Met Collection Statistics5 Jan, 2020
Interactive visualizations about the Metropolitan Museum of Art’s collections. Looks at the collection and departments by distribution of objects, cultures, and how much has been made available in the public domain.
View here: https://ct-martin.github.io/met-view/
About the Experience
I wanted to look at collection data in a meaningful manner. I chose the Met collection because the data is easily available for me to use. In particular, I was curious about how much of the Met collection was available in the public domain and seeing if there was anything interesting in the “Highlights” field, which does not have a clear indication of what i means other than being able to search for it on the Met website. To this end, the project looks to
engage viewers in what the collection holds by
interpreting some simple statistics about it. Large numbers and interactive charts, including by-department, are used to accomplish this.
About the Technology
Python & Jupyter Lab were used to process data since they’re easy and capable of processing the ~1/4GB dataset that the Met has. Doing this work in the browser would almost definitely crash the page. Python & Jupyter Lab export a JSON file that the web page uses. This tooling is also common in data science.
About the Process
I started by getting simple statistics and then adding more data as I could. The very first thing I did was remove columns of the data that did not have a meaningful use to what I was doing or were not consistently filled out. The collection-level statistics were done first, and then the simple statistics for each department were added. I am also involved in doing open source so the first by-department statistic I did was how much of a given department was in the public domain.

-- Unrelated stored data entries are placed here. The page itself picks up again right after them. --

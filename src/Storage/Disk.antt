-- ===== src/Storage/Disk.antt =====
-- `diskStorage` of interactsh-srv/oobsrv/storage.go: the memory storage whose hook is the LevelDB
-- database, a map. What a call of LevelDB answers besides is an argument: that a `Get` fails, that
-- a `Put` succeeds.
use interactsh_lite.Crypto.{Ctr, encrypt_interaction_block}
use interactsh_lite.Storage.{MemoryStorage, Hooks, hit, miss, touch_if_sliding}
use interactsh_lite.Prelude.{
  ℕ, suc, ◌+◌, ◌*◌, ◌/◌, ◌%◌, ◌^◌, Bool, Option, none, some, List, [], ◌∷◌, ◌++◌, if◌then◌else◌,
  ltb, Bytes, length, take, drop, Map, lookup, insert, remove, get_or,
}

abbrev pub Database : Type 0
Database = Map Bytes

-- The hooks of `NewDiskStorage`: what is left under an ID is deleted.
abbrev pub disk_hooks : Hooks Database
disk_hooks = record { on_evict = λ id db. remove id db; on_register = λ id db. remove id db }

-- `binary.BigEndian.PutUint32`, and `Uint32` of four bytes.
unfoldable pub put_uint32 : ℕ → Bytes
put_uint32 n = let v = n % 2 ^ 32 in v / 2 ^ 24 ∷ v / 2 ^ 16 % 256 ∷ v / 2 ^ 8 % 256 ∷ v % 256 ∷ []

unfoldable pub uint32 : ℕ → ℕ → ℕ → ℕ → ℕ
uint32 a b c d = a * 2 ^ 24 + b * 2 ^ 16 + c * 2 ^ 8 + d

-- A record: its length and its bytes.
unfoldable pub frame : Bytes → Bytes
unfolding put_uint32
frame r = put_uint32 (length r) ++ r

-- The loop over the records, with the rounds left.
unfoldable pub parse_from : ℕ → Bytes → List Bytes
unfolding uint32
parse_from (suc f) (a ∷ b ∷ c ∷ d ∷ rest) =
    let n = uint32 a b c d in
    let others = parse_from f (drop n rest) in
    if ltb (length rest) n then [] else take n rest ∷ others
parse_from _ _ = []

-- A round takes a byte at least.
unfoldable pub parse_records : Bytes → List Bytes
unfolding parse_from
parse_records data_bytes = parse_from (length data_bytes) data_bytes

module _ (ctr : Ctr) where
  -- `AppendInteraction`; the touch comes after the encryption.
  unfoldable pub append_disk :
      Bytes
      → Bytes
      → Option Bytes
      → ℕ
      → (get_fails put_works : Bool) → MemoryStorage Database
      → MemoryStorage Database
  unfolding encrypt_interaction_block touch_if_sliding frame lookup insert
  append_disk id interaction random now get_fails put_works m = elim (lookup id m.sessions) [
    | none ↦ miss m
    | some p ↦ elim (encrypt_interaction_block ctr random interaction (m.heap p).aes_block) [
      | none ↦ hit m
      | some encrypted ↦
          let touched = touch_if_sliding p now (hit m) in
          let existing = get_or [] (lookup id touched.hook) in
          if get_fails
          then touched
          else if put_works
          then record touched { hook = insert id (existing ++ frame encrypted) touched.hook }
          else touched
    ]
  ]

-- The results of `GetAndClearInteractions`.
pub data Drained : Type 0 where
  storage_closed : Drained
  not_read : Drained
  drained : List Bytes → Drained

unfoldable pub drain_disk : (closed get_fails : Bool) → Bytes → Database → Drained × Database
unfolding parse_records lookup remove
drain_disk closed get_fails id db =
    if closed
    then (storage_closed, db)
    else if get_fails
    then (not_read, db)
    else elim (lookup id db) [
      | none ↦ (drained [], db)
      | some found ↦ (drained (parse_records found), remove id db)
    ]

After that I was interested in the
Culture field and attempted to analyze it. While doing so I found that the data has significant issues with consistency and I had to do a lot of work to simplify the data enough that it would be reasonably close to the original but be simple enough to be meaningful to a viewer. This process wasn’t perfect and there’s more on what I did below.
After looking at the
Culture field I was curious to see what the
Medium field held. Unfortunately, it’s comparable to the
Culture field in consistency so I did not end up doing a closer analysis. I did find this data interesting to look at. There are several departments which have almost all
Culture data as “Unknown” and the Drawings and Paintings department has over 19,000
Mediums, which I am skeptical about. I have a couple charts at the end that start to touch on these, however, it’s not very developed yet.
I’d be interested to look (at a later time) in to trying to process the
Medium field and also look at the departments which don’t use the
Culture field in case there’s another field that’s used instead.
I’d also like to include images of a random public-domain highlight for collections, however, the Met’s APIs currently block both real-time retreival of this data and loading the image itself.
About the Data
Data was downloaded from https://github.com/metmuseum/openaccess/
data_wrangling/ folder contains the Jupyter Lab notebook used to process the data.
The Met specifically asks the following:
Whenever you transform, translate or otherwise modify the dataset, you must make it clear that the resulting information has been modified.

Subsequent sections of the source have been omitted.